A terminal listing gzipped log files in a directory

the shape of the thing

The core is small. Walk a directory, find files older than a threshold, compress them, ship them, delete the original only once the ship succeeded. The ordering of that last clause is the whole point, and it's the thing the old script got wrong.

fn process(path: &Path, client: &Client) -> Result<(), ShipError> {
    let gz = compress(path)?;
    upload(client, &gz)?;
    fs::remove_file(path)?;
    fs::remove_file(&gz)?;
    Ok(())
}

That reads as obvious, and it is, but every ? in there is a place the old code carried on regardless. If upload returns an error, we never reach remove_file, and the original log stays put for the next run to retry. The file lingering is a far better failure than the file vanishing. I used reqwest for the HTTP, in blocking mode, because this is a cron job that does one thing and exits and I had no appetite for an async runtime to ship a handful of files a day.

The other thing I leaned on was the iterator chain to find candidates, which in the shell version was find with a -mtime I could never remember the sign of:

let cutoff = SystemTime::now() - Duration::from_secs(24 * 3600);
let candidates: Vec<PathBuf> = fs::read_dir(dir)?
    .filter_map(|e| e.ok())
    .map(|e| e.path())
    .filter(|p| p.extension().map_or(false, |x| x == "log"))
    .filter(|p| is_older_than(p, cutoff))
    .collect();

filter_map(|e| e.ok()) quietly drops directory entries that error rather than crashing the whole run, which is the behaviour I wanted: one unreadable file should not stop the other forty being shipped.

where it actually fought me

Two places, and they're the usual suspects.

Build time first. Pulling in reqwest drags in a large chunk of the ecosystem and a clean build was not quick on the little VM I was testing on. For a tool whose whole pitch is "small and reliable", watching a couple of hundred crates compile felt faintly absurd. It only matters during development, the deployed binary is one file, but the edit-compile-run loop is where you actually live and it dragged.

Second, I spent too long on the error type. I wanted to distinguish "couldn't compress" from "couldn't upload" from "couldn't delete" so the logs would be useful at three in the morning. That's reasonable. What's not reasonable is the forty-five minutes I spent hand-writing From implementations to make ? thread everything into one enum cleanly. There's no anyhow to lean on, so the boilerplate is real, and I'll have more to say about that in a separate post because it deserves its own grumble.

A code editor showing the error enum and From implementations

the accounting

The old solution was maybe 60 lines of bash and 80 of Python with a config file. The Rust version is around 220 lines in one file with no external config, the threshold and the endpoint are arguments. That's more lines, and I want to be fair: a good slice of the extra length is genuinely new behaviour. Checking that the upload succeeded before deleting. Logging which step failed and why. Not falling over because one file in the directory had odd permissions.
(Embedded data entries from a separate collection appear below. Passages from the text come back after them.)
module _ {R : Type 0} (env : Platform) (git : Git R) where
  -- What was found out about a candidate before the branch moves to it.
  pub record Proven (p : PendingIntegration) (w : World R) : Type 0 where
    pub one_commit :
        git.commit_parents p.candidate_head w.repository
        ≡ ok (p.candidate_head ∷ p.expected_head ∷ [])
    pub body : String
    pub body_read : lookup p.verification.path w.disk.artifacts ≡ some body
    pub digest : digest_of env body ≡ p.verification.sha256
    pub manifest : Json
    pub parsed : parse_artifact_bytes env body ≡ ok manifest
    pub entries : Fields
    pub is_object : as_dict manifest ≡ some entries
    pub commit : is_word p.candidate_head (get_value "commit_sha" entries) ≡ true
    pub passed : is_true (get_value "passed" entries) ≡ true

  verify_candidate_structure-parents :
      (parents : List String) (candidate expected : String)
      → verify_candidate_structure parents candidate expected ≡ ok tt
      → parents ≡ candidate ∷ expected ∷ []
  unfolding verify_candidate_structure
  verify_candidate_structure-parents [] candidate expected h = cc
  verify_candidate_structure-parents (a ∷ []) candidate expected h = cc
  verify_candidate_structure-parents (a ∷ b ∷ c ∷ rest) candidate expected h = cc
  verify_candidate_structure-parents (a ∷ b ∷ []) candidate expected h =
      elim (Bool-cases ((a == candidate) && (b == expected))) [
        | inl both ↦
            let (first, second) = and-true_parts (a == candidate) (b == expected) both in
            cc ((eq_iff a candidate).0 first, (eq_iff b expected).0 second)
        | inr other ↦ let broken = rw other at h in cc
      ]

  verify_pending-Proven :
      (state : Fields) (p : PendingIntegration) (w w' : World R)
      → verify_pending env git state p w ≡ (ok tt, w')
      → Proven p w
  unfolding verify_pending commit_parents read_artifact check_verification
  verify_pending-Proven state p w w' h =
      after_read (git.commit_parents p.candidate_head w.repository) w _ h
        (λ parents parents_read h1.
          after_read (verify_candidate_structure parents p.candidate_head p.expected_head) w _ h1
            (λ _ structure h2.
              after (read_artifact env git p.verification w) _ h2 (λ manifest w1 read h3.
                after_read (expect (as_dict manifest) (contract "JSON root must be an object")) w1 _
                  h3
                  (λ entries is_object h4.
                    after_read (check_verification p entries) w1 _ h4 (λ _ checked _.
                      after_read
                        (expect (lookup p.verification.path w.disk.artifacts)
                          (contract "artifact is missing"))
                        w _ read
                        (λ body body_read h5.
                          after_read
                            (reject_if (not (digest_of env body == p.verification.sha256))
                              "artifact digest mismatch")
                            w _ h5
                            (λ _ same h6.
                              let (commit, passed) =
                                or-false_parts
                                  (not (is_word p.candidate_head (get_value "commit_sha" entries)))
                                  (not (is_true (get_value "passed" entries)))
                                  (reject_if-ok _
                                    "pending verification does not prove candidate commit"
                                    checked) in
                              record {
                                one_commit =
                                    parents_read
                                    ∙ ap (λ x. ok x)
                                        (verify_candidate_structure-parents parents p.candidate_head
                                          p.expected_head structure);
                                body = body;
                                body_read =
                                    expect-some (lookup p.verification.path w.disk.artifacts) _ body
                                      body_read;
                                digest = (eq_iff _ _).0 (
                                    true_of_not _ (reject_if-ok _ "artifact digest mismatch" same));
                                manifest = manifest;
                                parsed = ap (λ (x : Result Json × World R). x.0) h6;
                                entries = entries;
                                is_object = expect-some (as_dict manifest) _ entries is_object;
                                commit = true_of_not _ commit;
                                passed = true_of_not _ passed;
                              })))))))

  -- A move of the branch to a proven candidate, from the commit that the integration expected.
  pub record Swapped (w : World R) (g : R) : Type 0 where
    pub state : Fields
    pub state_read : load env w.disk ≡ ok state
    pub pending : PendingIntegration
    pub pending_read : pending_of state ≡ ok pending
    pub proven : Proven pending w
    pub ref : String
    pub ref_read : integration_ref state ≡ ok ref
    pub from : git.resolve_ref ref w.repository ≡ ok pending.expected_head
    pub to : git.resolve_ref ref g ≡ ok pending.candidate_head

  -- The repository is as it was, or the branch was moved so.
  abbrev pub MovesOnly : {A : Type 0} → World R → Result A × World R → Type 0
  MovesOnly w x = (x.1.repository ≡ w.repository) ⊎ Swapped w (x.1.repository)

  -- A call that leaves the repository alone, with the rest of the method; and the reverse.
  then_moves :
      {A B : Type 0} (w : World R) (x : Result A × World R) (f : A → Action R B)
      → x.1.repository ≡ w.repository
      → ((a : A) (w1 : World R) → x ≡ (ok a, w1) → MovesOnly w (f a w1))
      → MovesOnly w (go_on x f)
  then_moves w (ok a, w1) f same k = k a w1 refl
  then_moves w (err e, w1) f same k = inl same

  then_keeps :
      {A B : Type 0} (w : World R) (x : Result A × World R) (f : A → Action R B)
      → MovesOnly w x
      → ((a : A) (w1 : World R) → (f a w1).1.repository ≡ w1.repository)
      → MovesOnly w (go_on x f)
  then_keeps w (ok a, w1) f (inl same) k = inl (k a w1 ∙ same)
  then_keeps w (ok a, w1) f (inr swap) k = inr (subst (Swapped w) (sym (k a w1)) swap)
  then_keeps w (err e, w1) f before k = before

  stays :
      {A B : Type 0} (r : Result A) (w : World R) (f : A → Action R B)
      → ((a : A) → (f a w).1 ≡ w)
      → (go_on (r, w) f).1 ≡ w
  stays (ok a) w f k = k a
  stays (err e) w f k = refl

  keeps :
      {A B : Type 0} (x : Result A × World R) (f : A → Action R B) (g : R)
      → x.1.repository ≡ g
      → ((a : A) (w1 : World R) → w1.repository ≡ g → (f a w1).1.repository ≡ g)
      → (go_on x f).1.repository ≡ g
  keeps (ok a, w1) f g same k = k a w1 same
  keeps (err e, w1) f g same k = same

  transact_from-repository :
      (state : Fields) (artifacts : Artifacts) (mutate : Mutate) (w : World R)
      → (transact_from env state artifacts mutate w).1.repository ≡ w.repository
  unfolding transact_from on_disk
  transact_from-repository state artifacts mutate w =
      keeps (revision_of state, w) _ w.repository refl (λ n w1 same. same)

  complete_integration-repository :
      (p : PendingIntegration) (now : String) (w : World R)
      → (complete_integration env git p now w).1.repository ≡ w.repository
  unfolding complete_integration load_state
  complete_integration-repository p now w =
      keeps (load env w.disk, w) _ w.repository refl
        (λ state w1 same. transact_from-repository state [] (complete p now) w1 ∙ same)

  pause_for_ref_movement-repository :
      (state : Fields) (p : PendingIntegration) (now : String) (w : World R)
      → (pause_for_ref_movement env git state p now w).1.repository ≡ w.repository
  unfolding pause_for_ref_movement resolve_ref
  pause_for_ref_movement-repository state p now w =
      keeps (integration_ref state, w) _ w.repository refl
        (λ ref w1 same.
          keeps (git.resolve_ref ref w1.repository, w1) _ w.repository same
            (λ head w2 same2.
              transact_from-repository state
                ((evidence_path p, env.dumps (evidence_body p head)) ∷ []) (pause_run p now) w2
              ∙ same2))

  read_artifact-repository :
      (r : ArtifactRef) (w : World R) → (read_artifact env git r w).1.repository ≡ w.repository
  unfolding read_artifact
  read_artifact-repository r w =
      keeps (expect (lookup r.path w.disk.artifacts) (contract "artifact is missing"), w) _
        w.repository refl
        (λ body w1 same.
          keeps (reject_if (not (digest_of env body == r.sha256)) "artifact digest mismatch", w1) _
            w.repository same (λ _ w2 same2. same2))

  verify_pending-repository :
      (state : Fields) (p : PendingIntegration) (w : World R)
      → (verify_pending env git state p w).1.repository ≡ w.repository
  unfolding verify_pending commit_parents
  verify_pending-repository state p w =
      keeps (git.commit_parents p.candidate_head w.repository, w) _ w.repository refl
        (λ parents w1 same.
          keeps (verify_candidate_structure parents p.candidate_head p.expected_head, w1) _
            w.repository same
            (λ _ w2 same2.
              keeps (read_artifact env git p.verification w2) _ w.repository
                (read_artifact-repository p.verification w2 ∙ same2)
                (λ body w3 same3.
                  keeps (expect (as_dict body) (contract "JSON root must be an object"), w3) _
                    w.repository same3
                    (λ manifest w4 same4.
                      keeps (check_verification p manifest, w4) _ w.repository same4
                        (λ _ w5 same5. same5)))))

  read_moves :
      {A B : Type 0} (w v : World R) (r : Result A) (f : A → Action R B)
      → v.repository ≡ w.repository
      → ((a : A) → r ≡ ok a → MovesOnly w (f a v))
      → MovesOnly w (go_on (r, v) f)
  read_moves w v (ok a) f same k = k a refl
  read_moves w v (err e) f same k = inl same

  swap-MovesOnly :
      GitLaws git
      → (state : Fields) (p : PendingIntegration) (w : World R) (ref : String)
      → load env w.disk ≡ ok state
      → pending_of state ≡ ok p
      → Proven p w
      → integration_ref state ≡ ok ref
      → (x : Result Unit × R) → git.update_ref ref p.candidate_head p.expected_head w.repository ≡ x
      → MovesOnly w (on_repository x w)
  unfolding on_repository
  swap-MovesOnly laws state p w ref read pending_read proven ref_read (ok tt, g) h =
      let (from, to) = laws.moves ref p.candidate_head p.expected_head w.repository g h in
      inr (record {
        state = state;
        state_read = read;
        pending = p;
        pending_read = pending_read;
        proven = proven;
        ref = ref;
        ref_read = ref_read;
        from = from;
        to = to;
      })
  swap-MovesOnly laws state p w ref read pending_read proven ref_read (err e, g) h =
      inl (laws.refuses ref p.candidate_head p.expected_head w.repository g e h)

  apply_cas-MovesOnly :
      GitLaws git
      → (state : Fields) (p : PendingIntegration) (w : World R) → load env w.disk ≡ ok state
      → pending_of state ≡ ok p
      → Proven p w
      → MovesOnly w (apply_cas env git p w)
  unfolding apply_cas load_state update_ref
  apply_cas-MovesOnly laws state p w read pending_read proven =
      read_moves w w (load env w.disk) _ refl (λ state' read'.
        read_moves w w (require_pending p state') _ refl (λ _ _.
          read_moves w w (integration_ref state') _ refl (λ ref ref_read.
            let same : state' ≡ state = ok-injective (sym read' ∙ read) in
            swap-MovesOnly laws state p w ref read pending_read proven
              (ap integration_ref (sym same) ∙ ref_read) _ refl)))

  settle-MovesOnly :
      GitLaws git
      → (outcome : IntegrationRecovery) (state : Fields) (p : PendingIntegration) (now : String)
        (w : World R)
      → load env w.disk ≡ ok state
      → pending_of state ≡ ok p
      → MovesOnly w (settle env git outcome state p now w)
  unfolding settle
  settle-MovesOnly laws retry_cas state p now w read pending_read =
      then_moves w (verify_pending env git state p w) _ (verify_pending-repository state p w)
        (λ _ w1 verified.
          let here = verify_pending-keeps env git state p w w1 verified in
          subst
            (λ v.
              MovesOnly w (go_on (apply_cas env git p v) (λ _. complete_integration env git p now)))
            (sym here)
            (then_keeps w (apply_cas env git p w) (λ _. complete_integration env git p now)
              (apply_cas-MovesOnly laws state p w read pending_read
                (verify_pending-Proven state p w w1 verified))
              (λ _ w2. complete_integration-repository p now w2)))
  settle-MovesOnly laws complete_state state p now w read pending_read = inl (
      keeps (verify_pending env git state p w) _ w.repository (verify_pending-repository state p w)
        (λ _ w1 same. complete_integration-repository p now w1 ∙ same))
  settle-MovesOnly laws pause state p now w read pending_read =
      inl (pause_for_ref_movement-repository state p now w)

  classify_recovery-keeps :
      (p : PendingIntegration) (w : World R) → (classify_recovery env git p w).1 ≡ w
  unfolding classify_recovery load_state resolve_ref
  classify_recovery-keeps p w = stays (load env w.disk) w _ (λ state.
      stays (integration_ref state) w _
        (λ ref. stays (git.resolve_ref ref w.repository) w _ (λ head. refl)))

  -- A recovery leaves the repository as it was, also when it fails, or it moves the branch of the
  -- run from the commit that the pending integration expected to its candidate, which is one commit on the
  -- expected one and whose verification, read from the bound artifact, says that it passed.
  pub recover-MovesOnly :
      GitLaws git → (now : String) (w : World R) → MovesOnly w (recover env git now w)
  unfolding recover load_state
  recover-MovesOnly laws now w = read_moves w w (load env w.disk) _ refl (λ state read.
      read_moves w w (pending_of state) _ refl (λ p pending_read.
        then_moves w (classify_recovery env git p w) _
          (ap (λ (v : World R). v.repository) (classify_recovery-keeps p w))
          (λ outcome w1 classified.
            let here : w1 ≡ w =
              sym (ap (λ (x : Result IntegrationRecovery × World R). x.1) classified)
              ∙ classify_recovery-keeps p w in
            then_keeps w (settle env git outcome state p now w1) _
              (subst (λ v. MovesOnly w (settle env git outcome state p now v)) (sym here)
                (settle-MovesOnly laws outcome state p now w read pending_read))
              (λ _ w2. refl))))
So was it worth it for a log shipper that runs four times an hour on a dozen boxes? For the correctness, yes, and easily, because the failure mode of the old one was data loss and a filling disk, and both of those cost real money and real sleep. For the operational story, also yes: a single static binary with no runtime to keep patched is a lovely thing to deploy across a fleet, especially the fleet that's deliberately kept minimal.
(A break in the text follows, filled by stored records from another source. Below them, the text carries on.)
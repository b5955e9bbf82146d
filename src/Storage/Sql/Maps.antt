-- ===== src/Storage/Sql/Maps.antt =====
-- The rows of a table as a function of their keys, and what the statements of SQL change of it.
use presidium.Base.{
  ◌≡◌, ◌≢◌, refl, Bool, true, false, Option, none, some, List, [], ◌∷◌, ◌++◌, ◌||◌, if◌then◌else◌,
  arith, Bool-cases, inl, inr,
}
use mathlib.Core.Path.{fun_ext}
use mathlib.Core.Option.{map as map_option}
use presidium.Storage.Sql.{
  integer_key, bytes_key, pair_key, KeyEq, delete, update, exists, has_key, find, upsert, replace,
}
use presidium.Storage.Sql.Keyed.{
  merged, first-append, find-append-other, find-upsert, find-upsert-other, find-delete,
  find-delete-other, find-replace, find-replace-other,
}

-- Whether a key has a row.
abbrev pub present {ℓ} : {R : Type ℓ} → Option R → Bool
present none = false
present (some r) = true

module _ {R : Type 0} where
  pub exists-append_same :
      (p : R → Bool) (rs : List R) (new : R) → exists p (rs ++ new ∷ []) ≡ (exists p rs || p new)
  exists-append_same p [] new = ground arith
  exists-append_same p (r ∷ rs) new = ground (arith, exists-append_same p rs new)

  pub exists-update_same :
      (p q : R → Bool) (f : R → R) (rs : List R)
      → ((r : R) → p (f r) ≡ p r)
      → exists p (update q f rs) ≡ exists p rs
  exists-update_same p q f [] keeps = refl
  exists-update_same p q f (r ∷ rs) keeps =
      ground (arith, keeps r, exists-update_same p q f rs keeps)

module _ {R K : Type 0} ⦃eq : KeyEq K⦄ where
  -- A function changed at one key.
  abbrev pub set : K → Option R → (K → Option R) → K → Option R
  set k value f l = if eq.same l k then value else f l

  set_unique :
      (k : K) (value : Option R) (f g : K → Option R)
      → g k ≡ value
      → ((l : K) → l ≢ k → g l ≡ f l)
      → g ≡ set k value f
  set_unique k value f g at_k other = fun_ext (λ l. elim (Bool-cases (eq.same l k)) [
    | inl e ↦ rw (e, eq.same_sound l k e) at_k
    | inr e ↦ rw e (other l (λ same. absurd (ground (arith, e, same, eq.same_refl k))))
  ])

  abbrev pub rows_of : (R → K) → List R → K → Option R
  rows_of key rs k = find key k rs

  pub find-updated :
      (key : R → K) (k : K) (f : R → R) (rs : List R)
      → ((r : R) → key (f r) ≡ key r)
      → find key k (update (has_key key k) f rs) ≡ map_option f (find key k rs)
  find-updated key k f [] keeps = refl
  find-updated key k f (r ∷ rs) keeps = elim (Bool-cases (has_key key k r)) [
    | inl e ↦ ground (arith, e, keeps r)
    | inr e ↦ ground (arith, e, find-updated key k f rs keeps)
  ]

  pub find-not-updated :
      (key : R → K) (k l : K) (f : R → R) (rs : List R)
      → ((r : R) → key (f r) ≡ key r)
      → l ≢ k
      → find key l (update (has_key key k) f rs) ≡ find key l rs
  find-not-updated key k l f [] keeps d = refl
  find-not-updated key k l f (r ∷ rs) keeps d =
      let later = find-not-updated key k l f rs keeps d in
      elim (Bool-cases (has_key key k r)) [
        | inl e ↦
            let at_k : key r ≡ k = eq.same_sound (key r) k e in
            elim (Bool-cases (has_key key l r)) [
              | inl same ↦ absurd (d (ground (arith, at_k, eq.same_sound (key r) l same)))
              | inr other ↦ ground (arith, e, other, keeps r, later)
            ]
        | inr e ↦ ground (arith, e, later)
      ]

  pub rows_of-upsert :
      (key : R → K) (merge : R → R → R) (new : R) (rs : List R)
      → ((old : R) → key (merge old new) ≡ key old)
      → rows_of key (upsert key merge new rs)
        ≡ set (key new) (some (merged merge (rows_of key rs (key new)) new)) (rows_of key rs)
  rows_of-upsert key merge new rs keeps =
      set_unique (key new) (some (merged merge (find key (key new) rs) new)) (rows_of key rs)
        (rows_of key (upsert key merge new rs)) (find-upsert key merge new rs keeps)
        (λ l d. find-upsert-other key merge new rs l keeps d)

  pub rows_of-replace :
      (key : R → K) (new : R) (rs : List R)
      → rows_of key (replace key new rs) ≡ set (key new) (some new) (rows_of key rs)
  rows_of-replace key new rs =
      set_unique (key new) (some new) (rows_of key rs) (rows_of key (replace key new rs))
        (find-replace key new rs) (λ l d. find-replace-other key new rs l d)

  pub rows_of-delete :
      (key : R → K) (k : K) (rs : List R)
      → rows_of key (delete (has_key key k) rs) ≡ set k none (rows_of key rs)
  rows_of-delete key k rs =
      set_unique k none (rows_of key rs) (rows_of key (delete (has_key key k) rs))
        (find-delete key k rs) (λ l d. find-delete-other key k l rs d)

  pub rows_of-append :
      (key : R → K) (new : R) (rs : List R)
      → find key (key new) rs ≡ none
      → rows_of key (rs ++ new ∷ []) ≡ set (key new) (some new) (rows_of key rs)
  rows_of-append key new rs absent =
      set_unique (key new) (some new) (rows_of key rs) (rows_of key (rs ++ new ∷ []))
        (ground (
          arith,
          first-append (has_key key (key new)) rs (new ∷ []) absent,
          eq.same_refl (key new),
        ))
        (λ l d. find-append-other key l new rs d)

  pub rows_of-update :
      (key : R → K) (k : K) (f : R → R) (rs : List R)
      → ((r : R) → key (f r) ≡ key r)
      → rows_of key (update (has_key key k) f rs)
        ≡ set k (map_option f (find key k rs)) (rows_of key rs)
  rows_of-update key k f rs keeps =
      set_unique k (map_option f (find key k rs)) (rows_of key rs)
        (rows_of key (update (has_key key k) f rs)) (find-updated key k f rs keeps)
        (λ l d. find-not-updated key k l f rs keeps d)

  pub exists-find :
      (key : R → K) (k : K) (rs : List R) → exists (has_key key k) rs ≡ present (find key k rs)
  exists-find key k [] = refl
  exists-find key k (r ∷ rs) = ground (arith, exists-find key k rs)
Would I reach for Rust for the genuinely trivial glue, the script that moves one file once a day and whose worst failure is a shrug? No. Bash still wins that and it isn't close. The line I keep drawing is whether getting it wrong is expensive. Here it was, twice, with a pager going off to prove it. That's the threshold where an afternoon of Rust starts paying for itself, and the borrow checker, as ever, barely showed up. This was about results you can't ignore, not lifetimes.